A team of researchers has discovered evidence that an extrasolar planet may be forming quite far from its star-- about twice the distance Pluto is from our Sun. The planet lies inside a dusty, gaseous disk around a small red dwarf TW Hydrae, which is only about 55 percent of the mass of the Sun. The discovery adds to the ever-increasing variety of planetary systems in the Milky Way. The research is published in the Astrophysical Journal.*

This dusty protoplanetary disk is the closest one to us, some 176 light-years away in the constellation Hydra. The astronomers made Hubble Space Telescope observations over a wide range of wavelengths from visible to near infrared and modeled the color and structure of the disk in a way that has not been done before. They found a deficit of disk material, or partial gap, at about 80 astronomical units (AU) (1 AU is the Earth/Sun distance).

Their models indicate that the depression is about 20 AUs wide, just slightly wider than necessary for a planet-opening gap and consistent with a planet of between 6 and 28 Earth masses. The feature is seen at all wavelengths indicating it is structural and not a local compositional difference. The team believes the evidence is strong for planet formation causing the gap.

"TW Hydrae is between 5 and 10 million years old, and should be in the final throes of planet formation before its disk dissipates," remarked coauthor Alycia Weinberger of the Carnegie Institution and principal investigator of the observations.

"It is surprising to find a planet only 5 to 10% of Jupiter's mass forming so far out since planets should form faster closer in. In all planet formation scenarios, it's difficult to make a low-mass planet far away from a low mass star."

The goal of these observations was to understand not only whether planets have formed, but also what conditions can result in planet formation and what chemical constituents are available for new planets.

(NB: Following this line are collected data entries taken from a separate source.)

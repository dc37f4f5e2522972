-- ===== src/Pipeline/Tests.antt =====
-- A truck enters a restricted zone, and the theorems at it.
use mine_intelligence.Prelude.{[], arith, none, refl, some, true, ◌∷◌, ◌≡◌}
use mine_intelligence.Prelude.Table.{lookup}
use mine_intelligence.Rules.Config.{parse_rules}
use mine_intelligence.Storage.{Session}
use mine_intelligence.Zones.Engine.{AssetZoneState, breaks_run, step}
use mine_intelligence.Zones.Engine.History.{fresh}
use mine_intelligence.Rules.Evaluate.{Position, Zone, authorized, on_inzone_fix}
use mine_intelligence.Rules.Evaluate.Laws.{raises}
use mine_intelligence.Notifications.Outbox.{Settings}
use mine_intelligence.Pipeline.{Geometry, LiveSettings, evaluate, heal, process_position, skips}
use mine_intelligence.Pipeline.Laws.{
  last-process_position, last_of, process_position_again, process_position_late,
}
use mine_intelligence.Pipeline.Breach.{breach-evaluate}

abbrev gate : Zone
gate = record {
  zone_id = "gate";
  site_id = "ran";
  name = "Gate";
  kind = "restricted";
  rules = record {
    debounce_in = some 1;
    exit_debounce = none;
    hysteresis_m = none;
    min_entry_dwell_s = none;
    authorized_classes = some ("excavator" ∷ []);
    speed_limit_kph = none;
    overspeed_consecutive = none;
    dwell_s = none;
    severity = none;
  };
}

abbrev everywhere : Geometry
everywhere = record { point_in_polygon = λ p z. true; distance_to_polygon_m = λ p z. 0 }

abbrev live : LiveSettings
live = record { max_skew = 120000000; max_gap_s = 600000000 }

abbrev silent : Settings
silent = record {
  notify_min_severity = "";
  notify_webhook_url = "";
  notify_smtp_host = "";
  notify_email_to = "";
  notify_whatsapp_url = "";
  notify_whatsapp_to = "";
}

abbrev fix : Position
fix = record {
  site_id = "ran";
  asset_id = "t1";
  ts = 100;
  received_at = 150;
  lat = 0;
  lon = 0;
  speed_kph = none;
}

abbrev start : Session
start = record {
  events = [];
  added_events = [];
  notifications = [];
  added_notifications = [];
  drawn = 0;
}

breach-evaluate_example :
    raises "zone_breach" (evaluate everywhere live fix "truck" gate (fresh "ran" "t1" "gate") 0).1
    ≡ true
unfolding evaluate heal step on_inzone_fix authorized parse_rules breaks_run
breach-evaluate_example =
    breach-evaluate everywhere live fix "truck" gate (fresh "ran" "t1" "gate") 0

abbrev seen : AssetZoneState
seen = record (fresh "ran" "t1" "gate") { last_ts = some 100 }

process_position_late_example :
    process_position everywhere live silent 5 start
      (gate ∷ [])
      (("gate", seen) ∷ [])
      "truck"
      fix
      true
    ≡ (start, ("gate", seen) ∷ [], [])
unfolding skips lookup
process_position_late_example =
    process_position_late everywhere live fix "truck" silent 5 start (gate ∷ [])
      (("gate", seen) ∷ []) (refl, tt)

process_position_again_example :
    let (session', states', alarms) =
      process_position everywhere live silent 5 start (gate ∷ []) [] "truck" fix true in
    process_position everywhere live silent 9 session' (gate ∷ []) states' "truck" fix true
    ≡ (session', states', [])
process_position_again_example =
    process_position_again everywhere live fix "truck" silent 5 9 start (gate ∷ []) [] (omega arith)

last-process_position_example :
    last_of (
      lookup
        (process_position everywhere live silent 5 start
          (gate ∷ [])
          (("gate", seen) ∷ [])
          "truck"
          (record fix { ts = 101 })
          true).1
        "gate")
    ≡ some 101
unfolding lookup
last-process_position_example =
    last-process_position everywhere live (record fix { ts = 101 }) "truck" silent 5 start
      (gate ∷ []) (("gate", seen) ∷ []) "gate" refl
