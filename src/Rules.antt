-- ===== src/Rules.antt =====
-- src/minemonitor/rules: zone rules, their alarms, and the periodic checks.
pub mod Config
pub mod Evaluate
pub mod Occupancy
pub mod Offline
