-- ===== src/Rules/Evaluate/Tests.antt =====
-- A visit over the limit and standing, and the theorems at it.
use mine_intelligence.Prelude.{Option, [], none, refl, some, true, ℕ, ◌∷◌, ◌≡◌}
use mine_intelligence.Rules.Config.{RuleConfig, parse_rules}
use mine_intelligence.Zones.Engine.History.{fresh}
use mine_intelligence.Rules.Evaluate.{Position, Zone, on_inzone_fix}
use mine_intelligence.Rules.Evaluate.Laws.{
  alarmed, dwell-visit, dwelt, fast_run, overspeed-visit, raises, stands_since, visit,
}

abbrev pit : Zone
pit = record {
  zone_id = "pit";
  site_id = "ran";
  name = "Pit";
  kind = "speed_limited";
  rules = record {
    debounce_in = none;
    exit_debounce = none;
    hysteresis_m = none;
    min_entry_dwell_s = none;
    authorized_classes = none;
    speed_limit_kph = some 30000;
    overspeed_consecutive = some 2;
    dwell_s = some 60000000;
    severity = none;
  };
}

abbrev cfg : RuleConfig
cfg = record {
  debounce_in = 2;
  exit_debounce = 2;
  hysteresis_m = 15000;
  min_entry_dwell_s = 0;
  authorized_classes = none;
  speed_limit_kph = some 30000;
  overspeed_consecutive = 2;
  dwell_s = some 60000000;
  breach_severity = "critical";
  overspeed_severity = "warning";
  dwell_severity = "warning";
}

pit_cfg : parse_rules pit.rules ≡ cfg
unfolding parse_rules
pit_cfg = refl

abbrev at : ℕ → Option ℕ → Position
at ts speed = record {
  site_id = "ran";
  asset_id = "t1";
  ts = ts;
  received_at = ts;
  lat = 0;
  lon = 0;
  speed_kph = speed;
}

overspeed-visit_example :
    raises "overspeed"
      (on_inzone_fix
        (at 3 (some 40000))
        pit
        cfg
        (visit pit cfg 0 (fresh "ran" "t1" "pit") (at 2 (some 40000) ∷ at 1 none ∷ []))
        0).1
    ≡ true
unfolding fast_run alarmed
overspeed-visit_example =
    overspeed-visit pit cfg 0 30000 (fresh "ran" "t1" "pit") (at 3 (some 40000))
      (at 2 (some 40000) ∷ at 1 none ∷ []) refl refl refl

dwell-visit_example :
    raises "zone_dwell"
      (on_inzone_fix
        (at 60000001 (some 0))
        pit
        cfg
        (visit pit cfg 0 (fresh "ran" "t1" "pit") (at 2 none ∷ at 1 (some 1000) ∷ []))
        0).1
    ≡ true
unfolding stands_since dwelt
dwell-visit_example =
    dwell-visit pit cfg 0 60000000 (fresh "ran" "t1" "pit") (at 60000001 (some 0))
      (at 2 none ∷ at 1 (some 1000) ∷ []) refl refl refl
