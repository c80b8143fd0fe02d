-- ===== src/Lib.antt =====
-- A verification library of sqisign-selkie: the fixed-width signed integers on which the quaternion
-- layer of the signature scheme stands (src/quaternions/bigint.rs and the files below
-- src/quaternions/bigint/; `BigInt<N>` is a sign flag and a little-endian array of `N` words), and
-- the quadratic extension field with the Montgomery curves over it (src/fields/fp2,
-- src/curves/montgomery and the isogenies of src/curves/isogeny), the matrices and the quaternion
-- algebra over those integers (src/quaternions/linear, src/quaternions/algebra), and the
-- (2,2)-isogenies of surfaces in theta coordinates (src/surfaces).
--
-- The parts, from the bottom up. An operation has the name of the function that it models, and its
-- loops the name of their function with `_loop`.
--   * Prelude: shared names, Boolean tests, lists, well-founded recursion, remainders. Bits: laws of
--     `&`, `|` and `^`. Int: signed integers over the native numbers.
--   * Word: u64 arithmetic and the word helpers of bigint.rs (`ct_select_u64`, `ct_gt_u64`,
--     `widening_mul`, `nbits64`, `trailing_zeros`). Word.Laws and Word.Count hold their laws.
--   * Limbs: arrays of `N` words and the number `val` that they stand for; `cap n` is 2 ^ (64 n).
--   * Mag: the private kernels on magnitudes. Mag.Add (add.rs), Mag.Sub (sub.rs and the
--     subtraction of add.rs), Mag.Compare (cmp.rs, ct.rs and `mag_effective_len` of bits.rs), Mag.Mul
--     (mul.rs), Mag.Bits (bits.rs), Mag.Shift (shift.rs). The child module Value says what
--     the kernel computes, Short that the length-bounded kernel agrees with the full one.
--   * BigInt: the type, its invariant and the integer `to_ℤ` that a value stands for. BigInt.Sign
--     (bigint.rs and neg.rs), BigInt.Add (add.rs, sub.rs), BigInt.Mul (mul.rs), BigInt.Compare
--     (cmp.rs, ct.rs), BigInt.Resize (resize.rs), BigInt.Mac (mac.rs), BigInt.Bits (bits.rs),
--     BigInt.From (from.rs), BigInt.Shift (shift.rs), BigInt.Pow (pow.rs).
--     BigInt.Expression evaluates a polynomial by the operations and compares it with the integer.
--   * Linear: the vectors of src/quaternions/linear/vector.rs, whose dot product is a sum of terms, and
--     in Linear.Matrix the 4×4 matrices of matrix.rs.
--   * Algebra: the elements of the quaternion algebra of src/quaternions/algebra/mod.rs, which have
--     four coordinates and a denominator. Algebra.Gaussian has the quaternions as pairs of Gaussian
--     integers, Algebra.Prime the prime of src/quaternions/precomputed.rs.
--   * Ring: commutative rings as an interface. Ring.Polynomial computes the normal form of an
--     expression and Ring.Sound turns an equality of normal forms into an equation of the ring;
--     Ring.Integers fills the interface.
--   * Fields: the interface `Field`, which the curves take, and in Fields.Fp that of the prime field
--     (src/fields/fp/mod.rs) with what its documentation promises. Fields.Fp2 is `Fp2` of
--     src/fields/fp2/mod.rs over it; Fields.Fp2.Norm ends with `fp2_field`, which fills `Field`.
--   * Curves: Curves.Montgomery (src/curves/montgomery/mod.rs), Curves.Point (point.rs, and
--     `Isomorphism::eval` of isomorphism.rs), Curves.Jacobian (jacobian.rs) and Curves.Isogeny (the
--     steps of degree 2 and 4 of src/curves/isogeny/mod.rs, with the chains `isogeny_small` in
--     Curves.Isogeny.Chain and `isogeny` in Curves.Isogeny.Strategy). `IsCurve` says that the
--     three cached representations of a coefficient agree, `IsOnCurve` that a point with both
--     coordinates satisfies the equation.
--   * Surfaces: theta coordinates of level 2 (src/surfaces/mod.rs). Surfaces.Step has the steps of order
--     8, 4 and 2 (isogeny/step.rs), Surfaces.Gluing the first step (isogeny/gluing.rs),
--     Surfaces.Splitting the last one (isogeny/splitting.rs and precomputed.rs), and Surfaces.Chain and
--     Surfaces.Chain.Tail the chains of `Kernel`, which call them.
--   * Tests: concrete values at which the theorems are applied.
--
-- The signed operations call the kernels on the two magnitudes and choose a sign; the proofs go the
-- same way, from the kernels' values to the integers. `IsBigInt n` is the representation invariant
-- (a flag and `n` words), `IsCanonical` the clear sign of zero, and `truncated n` what `n` limbs
-- keep of an integer: the sign, and the magnitude modulo 2 ^ (64 n).
--
-- The field layer is one of equations: an element of a field stands for its residue, a test in
-- constant time is a Boolean, and a function has one definition for its operators on references and
-- on values. The curves are over any `Field`; conjugation and the square root of the extension are
-- arguments of the functions that call them, and the bits of a scalar an argument of the ladder.
-- The fields with three, five and nine elements are the concrete instances in Tests.
--
-- Bounds. The width `N` is the length of the limb array and is arbitrary. Words wrap around modulo
-- 2 ^ 64, which is written out. Bit counts and shift amounts are natural numbers; the source keeps
-- them in u32, so the model stands for widths with 64 N < 2 ^ 32. A sum of terms has fewer than
-- 2 ^ 64 of them, so the headroom words do not wrap. Every loop is bounded by its index and needs
-- no fuel, but for `pow_loop`: it halves an exponent of 32 bits, so 32 rounds are enough. The
-- inner loops of the chains have the order on the top of the stack as fuel, since every round lowers
-- that order, the main loops of the chains of surfaces their exponent, since every round lowers the
-- order at the bottom, and the model has running out of it as a panic. The operations of matrices and
-- of the algebra wrap around as those of `BigInt` do; the theorems on their integers have a bound on
-- the magnitudes below which nothing wraps, `Bounded` with the `weight` of a polynomial.
--
-- Not modelled: the assembly kernels below src/quaternions/bigint/arch and the dispatch to them, for
-- which the portable loops stand; the timing of the constant-time code; division, greatest common
-- divisors, square roots, modular and random integers, the byte codecs and squaring; the backends
-- of the prime field below src/fields/fp/arch; pairings, scalars and torsion bases; what stands on
-- division in the matrices and in the algebra (`scalar_div`, the normal forms of hnf.rs, `normalize` and
-- its callers); the ideals, lattices, keys and protocols. Randomness is a list of words.
pub mod Prelude
pub mod Bits
pub mod Word
pub mod Limbs
pub mod Mag
pub mod Int
pub mod BigInt
pub mod Linear
pub mod Ring
pub mod Fields
pub mod Curves
pub mod Algebra
pub mod Surfaces
mod Tests
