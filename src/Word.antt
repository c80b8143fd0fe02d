-- ===== src/Word.antt =====
-- `u64` arithmetic and the constant-time word helpers of src/quaternions/bigint.rs. A word is a
-- number below `radix`; every wrap-around is written out.
pub mod Laws
pub mod Count
use sqisign_selkie.Prelude.{
  ℕ, zero, suc, ◌+◌, ◌-◌, ◌*◌, ◌/◌, ◌%◌, ◌^◌, ◌<◌, bit_and, bit_or, bit_xor, Bool, true, false, ltb,
  leb,
}

abbrev pub radix : ℕ
radix = 2 ^ 64

abbrev pub IsWord : ℕ → Type 0
IsWord x = x < radix

-- `b as u64`.
abbrev pub as_u64 : Bool → ℕ
as_u64 true = 1
as_u64 false = 0

-- The standard library's operations on `u64`. `-` on ℕ stops at 0, so the modulus is added first.
abbrev pub wrapping_add : ℕ → ℕ → ℕ
wrapping_add a b = (a + b) % radix

abbrev pub wrapping_sub : ℕ → ℕ → ℕ
wrapping_sub a b = (a + radix - b) % radix

abbrev pub wrapping_neg : ℕ → ℕ
wrapping_neg a = (radix - a) % radix

abbrev pub overflowing_add : ℕ → ℕ → ℕ × Bool
overflowing_add a b = (wrapping_add a b, leb radix (a + b))

abbrev pub overflowing_sub : ℕ → ℕ → ℕ × Bool
overflowing_sub a b = (wrapping_sub a b, ltb a b)

-- `mask = choice.wrapping_neg(); a ^ (mask & (a ^ b))`
pub ct_select_u64 : ℕ → ℕ → ℕ → ℕ
ct_select_u64 a b choice = let mask = wrapping_neg choice in bit_xor a (bit_and mask (bit_xor a b))

pub ct_gt_u64 : ℕ → ℕ → ℕ
ct_gt_u64 a b = let (_, borrow) = overflowing_sub b a in as_u64 borrow

-- The low and the high word of the 128-bit product.
pub widening_mul : ℕ → ℕ → ℕ × ℕ
widening_mul a b = let full = a * b in (full % radix, full / 2 ^ 64 % radix)

-- `(x | x.wrapping_neg()) >> 63`: 1 if `x` is not zero, else 0.
pub nonzero_bit : ℕ → ℕ
nonzero_bit x = bit_or x (wrapping_neg x) / 2 ^ 63

-- The loop of `nbits64` with the number of rounds left.
pub nbits64_loop : ℕ → ℕ → ℕ → ℕ
nbits64_loop zero x n = n
nbits64_loop (suc left) x n = nbits64_loop left (x / 2) (n + nonzero_bit x)

pub nbits64 : ℕ → ℕ
nbits64 x = nbits64_loop 64 x 0

-- The loop of `trailing_zeros` at bit `i`, with the number of rounds left.
pub trailing_zeros_loop : ℕ → ℕ → ℕ → ℕ → ℕ → ℕ
trailing_zeros_loop zero x i tz found = tz + (1 - found) * 64
trailing_zeros_loop (suc left) x i tz found =
    let bit = bit_and (x / 2 ^ i) 1 in
    let m = bit_and bit (1 - found) in
    trailing_zeros_loop left x (i + 1) (tz + m * i) (bit_or found bit)

pub trailing_zeros : ℕ → ℕ
trailing_zeros x = trailing_zeros_loop 64 x 0 0 0
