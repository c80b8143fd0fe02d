-- ===== src/Limbs.antt =====
-- Limb arrays `[u64; N]`, least significant limb first: their bounds, and the number that such an
-- array stands for.
pub mod Laws
pub mod Low
use sqisign_selkie.Prelude.{ℕ, zero, suc, ◌+◌, ◌*◌, ◌≡◌, List, [], ◌∷◌, replicate}
use sqisign_selkie.Word.{radix, IsWord}

-- An array of `n` words.
abbrev pub IsLimbs : ℕ → List ℕ → Type 0
IsLimbs zero [] = Unit
IsLimbs zero (x ∷ xs) = ⊥
IsLimbs (suc n) [] = ⊥
IsLimbs (suc n) (x ∷ xs) = IsWord x × IsLimbs n xs

-- The magnitude.
abbrev pub val : List ℕ → ℕ
val [] = 0
val (x ∷ xs) = x + radix * val xs

-- The bound of the magnitudes of `n` limbs.
abbrev pub cap : ℕ → ℕ
cap zero = 1
cap (suc n) = radix * cap n

-- `[0u64; N]`
abbrev pub zeros : ℕ → List ℕ
zeros n = replicate n 0

abbrev pub AllZero : List ℕ → Type 0
AllZero [] = Unit
AllZero (x ∷ xs) = (x ≡ 0) × AllZero xs

-- The limbs from index `k` on are zero.
abbrev pub ZeroFrom : ℕ → List ℕ → Type 0
ZeroFrom zero xs = AllZero xs
ZeroFrom (suc k) [] = Unit
ZeroFrom (suc k) (x ∷ xs) = ZeroFrom k xs
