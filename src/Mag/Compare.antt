-- ===== src/Mag/Compare.antt =====
-- Comparison and selection of magnitudes: src/quaternions/bigint/cmp.rs, ct.rs, and the effective
-- length of bits.rs.
pub mod Value
pub mod Order
pub mod Length
use Prim.Native.Nat.{Ordering}
use sqisign_selkie.Prelude.{
  ℕ, zero, suc, ◌-◌, bit_and, bit_or, bit_xor, List, [], ◌∷◌, length, get_or, ◌==◌, if◌then◌else◌,
}
use sqisign_selkie.Word.{as_u64, ct_gt_u64, ct_select_u64}

-- `acc |= a[i]`
pub or_limbs : List ℕ → ℕ → ℕ
or_limbs [] acc = acc
or_limbs (x ∷ xs) acc = or_limbs xs (bit_or acc x)

pub mag_is_zero : List ℕ → ℕ
mag_is_zero a = as_u64 (or_limbs a 0 == 0)

-- `acc |= a[i] ^ b[i]`
pub mag_eq_loop : List ℕ → List ℕ → ℕ → ℕ
mag_eq_loop [] ys acc = acc
mag_eq_loop (x ∷ xs) [] acc = acc
mag_eq_loop (x ∷ xs) (y ∷ ys) acc = mag_eq_loop xs ys (bit_or acc (bit_xor x y))

pub mag_eq : List ℕ → List ℕ → ℕ
mag_eq a b = as_u64 (mag_eq_loop a b 0 == 0)

-- The loop of `mag_cmp` over the indices below `i`, from the top: the flags `(gt, lt)`.
pub mag_cmp_loop : List ℕ → List ℕ → ℕ → ℕ → ℕ → ℕ × ℕ
mag_cmp_loop a b zero gt lt = (gt, lt)
mag_cmp_loop a b (suc i) gt lt =
    let undecided = 1 - bit_or gt lt in
    let x = get_or a i 0 in
    let y = get_or b i 0 in
    mag_cmp_loop a b i (bit_or gt (bit_and undecided (ct_gt_u64 x y)))
      (bit_or lt (bit_and undecided (ct_gt_u64 y x)))

pub mag_cmp : List ℕ → List ℕ → Ordering
mag_cmp a b =
    let (gt, lt) = mag_cmp_loop a b (length a) 0 0 in
    if gt == 1 then Ordering.gt else if lt == 1 then Ordering.lt else Ordering.eq

pub mag_select : List ℕ → List ℕ → ℕ → List ℕ
mag_select [] ys choice = []
mag_select (x ∷ xs) [] choice = []
mag_select (x ∷ xs) (y ∷ ys) choice = ct_select_u64 x y choice ∷ mag_select xs ys choice

-- The scan `while i > 0`, from the top limb down.
pub mag_effective_len_loop : List ℕ → ℕ → ℕ
mag_effective_len_loop a zero = 0
mag_effective_len_loop a (suc i) =
    let lower = mag_effective_len_loop a i in if get_or a i 0 == 0 then lower else suc i

pub mag_effective_len : List ℕ → ℕ
mag_effective_len a = mag_effective_len_loop a (length a)
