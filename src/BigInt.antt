-- ===== src/BigInt.antt =====
-- `BigInt<N>` of src/quaternions/bigint.rs: a sign and a magnitude of `N` limbs. The width `N` is
-- the length of the limb array.
pub mod Sign
pub mod Add
pub mod Mul
pub mod Compare
pub mod Mac
pub mod Resize
pub mod Bits
pub mod From
pub mod Shift
pub mod Pow
pub mod Expression
use sqisign_selkie.Prelude.{
  ℕ, zero, suc, ◌-◌, ◌%◌, ◌≤◌, ◌<◌, ◌≡◌, ◌⊎◌, bit_and, bit_xor, List, set, ◌==◌, Bool, true, false,
  length,
}
use sqisign_selkie.Int.{ℤ, pos, negsuc, signed}
use sqisign_selkie.Word.{as_u64}
use sqisign_selkie.Limbs.{IsLimbs, val, cap, zeros}
use sqisign_selkie.Mag.Compare.{or_limbs, mag_is_zero}

pub record BigInt : Type 0 where
  pub sign : ℕ
  pub limbs : List ℕ

-- The representation invariant of the type: the sign is a flag, the array has `N` words.
pub record IsBigInt (n : ℕ) (x : BigInt) : Type 0 where
  pub flag : x.sign ≤ 1
  pub words : IsLimbs n x.limbs

-- "Zero is always represented with `sign == 0`."
abbrev pub IsCanonical : BigInt → Type 0
IsCanonical x = (x.sign ≡ 0) ⊎ (0 < val x.limbs)

-- The integer that a value stands for.
abbrev pub to_ℤ : BigInt → ℤ
to_ℤ x = signed x.sign (val x.limbs)

-- What `N` limbs keep of an integer: the sign, and the magnitude modulo 2 ^ (64 N).
abbrev pub truncated : ℕ → ℤ → ℤ
truncated n a = elim a [ pos m ↦ pos (m % cap n) | negsuc m ↦ signed 1 (suc m % cap n) ]

-- `let mut l = [0u64; N]; l[0] = v; l`
abbrev pub limb_array : ℕ → ℕ → List ℕ
limb_array n v = set (zeros n) 0 v

-- `ZERO`, `ONE`, `MINUS_ONE`, `TWO`, `THREE`
abbrev pub big_zero : ℕ → BigInt
big_zero n = record { sign = 0; limbs = zeros n }

abbrev pub big_one : ℕ → BigInt
big_one n = record { sign = 0; limbs = limb_array n 1 }

abbrev pub big_minus_one : ℕ → BigInt
big_minus_one n = record { sign = 1; limbs = limb_array n 1 }

abbrev pub big_two : ℕ → BigInt
big_two n = record { sign = 0; limbs = limb_array n 2 }

abbrev pub big_three : ℕ → BigInt
big_three n = record { sign = 0; limbs = limb_array n 3 }

-- `is_zero` and the like return a `Choice`, which is a flag.
pub is_zero : BigInt → ℕ
is_zero x = as_u64 (or_limbs x.limbs 0 == 0)

pub is_negative : BigInt → ℕ
is_negative x = let neg = bit_and x.sign 1 in let nonzero = 1 - is_zero x in bit_and neg nonzero

pub is_positive : BigInt → ℕ
is_positive x =
    let nonneg = 1 - bit_and x.sign 1 in let nonzero = 1 - is_zero x in bit_and nonneg nonzero

pub abs : BigInt → BigInt
abs x = record { sign = 0; limbs = x.limbs }

pub normalize : BigInt → BigInt
normalize x = let is_zero = is_zero x in record x { sign = bit_and x.sign (1 - is_zero) }

-- src/quaternions/bigint/neg.rs
pub wrapping_neg : BigInt → BigInt
wrapping_neg x =
    let is_zero = mag_is_zero x.limbs in
    record { sign = bit_and (bit_xor x.sign 1) (1 - is_zero); limbs = x.limbs }

-- The last step of the operations: a sign that is cleared where the magnitude is zero.
pub canonicalize : ℕ → List ℕ → BigInt
canonicalize sign limbs =
    let is_zero = mag_is_zero limbs in record { sign = bit_and sign (1 - is_zero); limbs = limbs }
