-- ===== src/Mag/Add.antt =====
-- Addition of magnitudes, src/quaternions/bigint/add.rs: the full-width carry chain and the
-- length-bounded one.
pub mod Value
pub mod Short
use sqisign_selkie.Prelude.{
  ℕ, zero, suc, ◌+◌, max, Bool, ◌||◌, List, [], ◌∷◌, length, replicate, ◌==◌, if◌then◌else◌,
}
use sqisign_selkie.Word.{as_u64, overflowing_add}

-- One limb with its carry: two `overflowing_add`, and the carries joined by `|`.
pub add_limb : ℕ → ℕ → ℕ → ℕ × ℕ
add_limb x y carry =
    let (s1, c1) = overflowing_add x y in
    let (s2, c2) = overflowing_add s1 carry in (s2, as_u64 (c1 || c2))

-- The loop from a limb on, with the carry into it.
pub mag_add_loop : List ℕ → List ℕ → ℕ → List ℕ × ℕ
mag_add_loop [] ys carry = ([], carry)
mag_add_loop (x ∷ xs) [] carry = ([], carry)
mag_add_loop (x ∷ xs) (y ∷ ys) carry =
    let (s, c) = add_limb x y carry in let (rest, out) = mag_add_loop xs ys c in (s ∷ rest, out)

pub mag_add : List ℕ → List ℕ → List ℕ × ℕ
mag_add a b = mag_add_loop a b 0

-- `while carry != 0 && i < N`, over the limbs of `result` that are not yet written.
pub propagate_carry : List ℕ → ℕ → List ℕ × ℕ
propagate_carry [] carry = ([], carry)
propagate_carry (r ∷ rs) carry =
    let (s, c) = overflowing_add r carry in
    let (rest, out) = propagate_carry rs (as_u64 c) in
    if carry == 0 then (r ∷ rs, carry) else (s ∷ rest, out)

-- The loop `while i < lmax`, with `lmax - i` rounds left; then the carry goes on alone.
pub mag_add_short_loop : ℕ → List ℕ → List ℕ → List ℕ → ℕ → List ℕ × ℕ
mag_add_short_loop zero rs xs ys carry = propagate_carry rs carry
mag_add_short_loop (suc left) [] xs ys carry = ([], carry)
mag_add_short_loop (suc left) (r ∷ rs) [] ys carry = ([], carry)
mag_add_short_loop (suc left) (r ∷ rs) (x ∷ xs) [] carry = ([], carry)
mag_add_short_loop (suc left) (r ∷ rs) (x ∷ xs) (y ∷ ys) carry =
    let (s, c) = add_limb x y carry in
    let (rest, out) = mag_add_short_loop left rs xs ys c in (s ∷ rest, out)

pub mag_add_short : List ℕ → List ℕ → ℕ → ℕ → List ℕ × ℕ
mag_add_short a b la lb = mag_add_short_loop (max la lb) (replicate (length a) 0) a b 0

Models by coauthor Hannah Jang-Condell, a former Carnegie postdoctoral researcher, showed that the disk was brighter than expected, which indicates that very small dust grains are being lifted high above the midplane. This is surprising because observations with radio telescopes have previously shown that the disk contains dust that has conglomerated into pebbles.

Weinberger designed the observations to be able to detect large water ice grains in the surface layer of the disk. These grains weren't seen, which probably means that they have grown and sunk to the midplane of the disk where they can aggregate into water-rich planets.

Planet formation far away from a small parent star is at odds with the conventional planet-making dogma. Under the most accepted scenario, planets form over tens of millions of years from the slow accretion of dust, rocks, and gas. That happens most easily close to the central star, where orbital timescales are short. Even under a disk instability scenario, in which planets can collapse quickly from the disk, it's not clear such a low mass planet could form.

Carnegie astrophysicist Alan Boss, who works on disk instability models, said "If the mass of this suspected planet is as low as it seems to be, this presents a real puzzle. Theory would say that it cannot exist!"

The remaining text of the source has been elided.